Entrectinib is a systemic and central nervous system (CNS)-active potent inhibitor of ROS1 and TRKA/B/C. Primary data showed that entrectinib was tolerable and achieved high objective response rates (ORR) in patients (pts) with ROS1-positive (ROS1+), ROS1 inhibitor-naive NSCLC, and in pts with NTRK fusion-positive (NTRK+) NSCLC, including pts with baseline CNS disease. We present data from an additional 5 months of follow-up.

Methods

Pts with locally advanced/metastatic ROS1+ or NTRK+ tumors (with or without baseline CNS disease) confirmed by nucleic acid-based methods, enrolled in global phase 1/2 entrectinib trials (ALKA-372-001 [EudraCT 2012-000148-88], STARTRK-1 [NCT02097810], STARTRK-2 [NCT02568267]) were included. Disease burden was assessed per blinded independent central review (BICR) using RECIST v1.1, after cycle 1 (4 wks) then every 8 wks. Primary endpoints were ORR and duration of response (DOR) by BICR. Secondary endpoints included ORR and DOR in pts with or without baseline CNS disease, and safety. Intracranial (IC) ORR and DOR were evaluated in pts with baseline CNS disease.

Results

There were 53 efficacy-evaluable pts with treatment-naïve, ROS1+ NSCLC and 10 pts with NTRK+ NSCLC. As of 30 Oct 2018 (additional 5 months’ follow-up), BICR ORR: ROS1+ 79.2% (95% CI 65.9–89.2) and NTRK+ 70.0% (95% CI 34.75–93.33) with complete responses in 5 (9.4%) pts and 1 (10.0%) pt, respectively. In ROS1+ NSCLC, median DOR: 24.6 mo (95% CI 12.6–34.8); in pts with and without baseline CNS disease, ORR was 73.9% (95% CI 51.6–89.8) and 83.3% (95% CI 65.3–94.4); IC ORR was 55.0% (95% CI 31.5–76.9); and median IC DOR was 12.9 mo (95% CI 5.6–not estimable). Additional efficacy for NTRK+ NSCLC pts will be presented. Entrectinib was well tolerated with a safety profile consistent with that previously reported; there were no new or unexpected safety findings.

Conclusions

In line with the primary data, in pts with ROS1+ and NTRK+ NSCLC after an additional 5 months of follow-up, entrectinib was well tolerated and showed clinically meaningful, durable systemic and intracranial responses.
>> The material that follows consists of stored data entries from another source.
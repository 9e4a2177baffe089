-- ===== src/Morenos/Scheduler/Lifecycle.antt =====
-- What becomes of the queries in a pass.
use radar_software.Prelude.{
  ℕ, ◌≡◌, refl, ap, sym, ◌∙◌, false, List, [], ◌∷◌, ◌++◌, map, inl, inr, Bool-cases, Option-cases,
  All, All-append, All-filter, Any, Any-imp, not, ◌==◌, Ensures,
}
use radar_software.Double.{Double}
use radar_software.Morenos.Query.{
  QueryType, search_query, confirm, capture, tracking, signal_change, tech_control, drop, Query,
}
use radar_software.Morenos.ScanPair.{ScanPair}
use radar_software.Morenos.Signals.Choice.{emits}
use radar_software.Morenos.Placement.{place_scan}
use radar_software.Morenos.Scheduler.{
  Scheduler, remove_query, remove_queries, any_command, refresh, order_queries, Pass, place_query,
  capture_of, tracking_of, execute, visit_all, start_pass, move_conveyors, run,
}
use radar_software.Morenos.Scheduler.Order.{All-order_queries}
use radar_software.Morenos.Scheduler.Passes.{Rule, removed, follow_up, visit_all_inv}

All-remove_queries :
    {D : Type 0} (P : Query D → Type 0) (queries : List (Query D)) (ids : List ℕ)
    → All P queries
    → All P (remove_queries queries ids)
unfolding remove_queries
All-remove_queries P queries [] a = a
All-remove_queries P queries (id ∷ ids) a =
    All-remove_queries P (remove_query queries id) ids
      (All-filter P (λ q. not (q.id == id)) queries a)

module _ (double : Double) (time : ℕ) where
  open double use {D}

  -- What a query `q` of the scheduler may be after a pass at `time`: the same one with its priority
  -- brought up to date, that one executed now, or its follow-up: capture after confirm, tracking
  -- after capture.
  pub data Evolves (q q' : Query D) : Type 0 where
    waits : q' ≡ refresh double time q → Evolves q q'
    executed : q' ≡ record (refresh double time q) { t_prev = time } → Evolves q q'
    captured : q.type ≡ confirm → q' ≡ capture_of double time q → Evolves q q'
    tracked : q.type ≡ capture → q' ≡ tracking_of double time q → Evolves q q'

  -- The query comes from one of `olds`.
  abbrev pub ComesFrom : List (Query D) → Query D → Type 0
  ComesFrom olds q' = Any (λ q. Evolves q q') olds

  -- It is one of `olds`, up to date.
  abbrev pub IsCurrent : List (Query D) → Query D → Type 0
  IsCurrent olds q' = Any (λ q. q' ≡ refresh double time q) olds

  module _ (olds : List (Query D)) where
    abbrev Kept : Pass double → Type 0
    Kept pass = All (ComesFrom olds) pass.visited × All (ComesFrom olds) pass.new_queries

    waiting : (q : Query D) → IsCurrent olds q → ComesFrom olds q
    waiting q now =
        Any-imp (λ old. q ≡ refresh double time old) (λ old. Evolves old q) olds (λ old e. waits e)
          now

    executing : (q : Query D) → IsCurrent olds q → ComesFrom olds (record q { t_prev = time })
    executing q now =
        Any-imp (λ old. q ≡ refresh double time old)
          (λ old. Evolves old (record q { t_prev = time })) olds
          (λ old e. executed (ap (λ (x : Query D). record x { t_prev = time }) e)) now

    following :
        (q : Query D) (type : QueryType)
        → IsCurrent olds q
        → q.type ≡ type
        → All (ComesFrom olds) (follow_up double time type q)
    following q search_query now e = tt
    following q confirm now e = (
      Any-imp (λ old. q ≡ refresh double time old) (λ old. Evolves old (capture_of double time q))
          olds
          (λ old same.
            captured (sym (ap (λ (x : Query D). x.type) same) ∙ e)
              (ap (capture_of double time) same))
          now,
      tt,
    )
    following q capture now e = (
      Any-imp (λ old. q ≡ refresh double time old) (λ old. Evolves old (tracking_of double time q))
          olds
          (λ old same.
            tracked (sym (ap (λ (x : Query D). x.type) same) ∙ e)
              (ap (tracking_of double time) same))
          now,
      tt,
    )
    following q tracking now e = tt
    following q signal_change now e = tt
    following q tech_control now e = tt
    following q drop now e = tt

    visited_more :
        (pass : Pass double) (q' : Query D)
        → ComesFrom olds q'
        → Kept pass
        → All (ComesFrom olds) (pass.visited ++ (q' ∷ []))
    visited_more pass q' from k = All-append (ComesFrom olds) pass.visited (q' ∷ []) k.0 (from, tt)

    place_query-Kept :
        (pass : Pass double) (q : Query D) (scan_pair : ScanPair) (type : QueryType)
        → IsCurrent olds q
        → q.type ≡ type
        → Kept pass
        → Kept (
            place_query double time pass q scan_pair
              (removed double time type q)
              (follow_up double time type q))
    unfolding place_query
    place_query-Kept pass q scan_pair type now e k =
        elim (Bool-cases (any_command (place_scan pass.conveyors scan_pair q.id).0)) [
          | inl placed ↦
              rw (placed, place_query)
                (
                  visited_more pass (record q { t_prev = time }) (executing q now) k,
                  All-append (ComesFrom olds) pass.new_queries (follow_up double time type q) k.1
                      (following q type now e),
                )
          | inr refused ↦ rw (refused, place_query) (visited_more pass q (waiting q now) k, k.1)
        ]

    execute-Kept :
        (pass : Pass double) (q : Query D) (type : QueryType)
        → IsCurrent olds q
        → emits type ≡ false
        → Kept pass
        → Ensures (execute double time pass q type) Kept
    unfolding execute
    execute-Kept pass q drop now e k = (visited_more pass q (waiting q now) k, k.1)
    execute-Kept pass q signal_change now e k = (visited_more pass q (waiting q now) k, k.1)
    execute-Kept pass q tech_control now e k =
        (visited_more pass (record q { t_prev = time }) (executing q now) k, k.1)
    execute-Kept pass q search_query now e k = cc
    execute-Kept pass q confirm now e k = cc
    execute-Kept pass q capture now e k = cc
    execute-Kept pass q tracking now e k = cc

    Kept-rule : Rule double time Kept (IsCurrent olds)
    Kept-rule = record {
      skips = λ pass q now k. (visited_more pass q (waiting q now) k, k.1);
      places = place_query-Kept;
      executes = execute-Kept;
    }

  pub All-IsCurrent :
      (olds queries : List (Query D))
      → ((q : Query D) → Any (λ old. q ≡ old) queries → Any (λ old. q ≡ old) olds)
      → All (IsCurrent olds) (map (refresh double time) queries)
  All-IsCurrent olds [] h = tt
  All-IsCurrent olds (q ∷ queries) h = (
    Any-imp (λ old. q ≡ old) (λ old. refresh double time q ≡ refresh double time old) olds
        (λ old same. ap (refresh double time) same) (h q (inl refl)),
    All-IsCurrent olds queries (λ other m. h other (inr m)),
  )

-- Each query after a pass that gives a result comes from a query before it: it is that query with
-- its priority brought up to date, that query executed now, or the follow-up of that query, which
-- is capture for confirm, tracking for capture, and of no other type.
pub run-ComesFrom :
    (double : Double) (s : Scheduler double.D) (time : ℕ)
    → Ensures (run double s time) (λ (_, s'). All (ComesFrom double time s.queries) s'.queries)
unfolding run
run-ComesFrom double s time = elim (Option-cases (visit_all double time start ordered)) [
  | inl e ↦ rw (e, run) tt
  | inr (pass, e) ↦
      rw (e, run)
        (let kept : All from pass.visited × All from pass.new_queries = rw e at (
            visit_all_inv double time _ (IsCurrent double time s.queries)
              (Kept-rule double time s.queries) start ordered
              (All-order_queries double (IsCurrent double time s.queries) time s.queries
                (All-IsCurrent double time s.queries s.queries (λ q m. m)))
              (tt, tt)) in
          All-append from (remove_queries pass.visited pass.removed_id) pass.new_queries
            (All-remove_queries from pass.visited pass.removed_id kept.0) kept.1)
]
  where
    start : Pass double
    start = start_pass double (move_conveyors s.conveyors time)

    ordered : List (Query double.D)
    ordered = order_queries double time s.queries

    from : Query double.D → Type 0
    from = ComesFrom double time s.queries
Clinical trial identification

ALKA-372-001 [EudraCT 2012-000148-88] STARTRK-1 [NCT02097810] STARTRK-2 [NCT02568267].

Editorial acknowledgement

Medical Writing support was provided by Laura Vergoz and Charlotte Kennerley, PhD of Gardiner-Caldwell Communications and was funded by F. Hoffmann-La Roche.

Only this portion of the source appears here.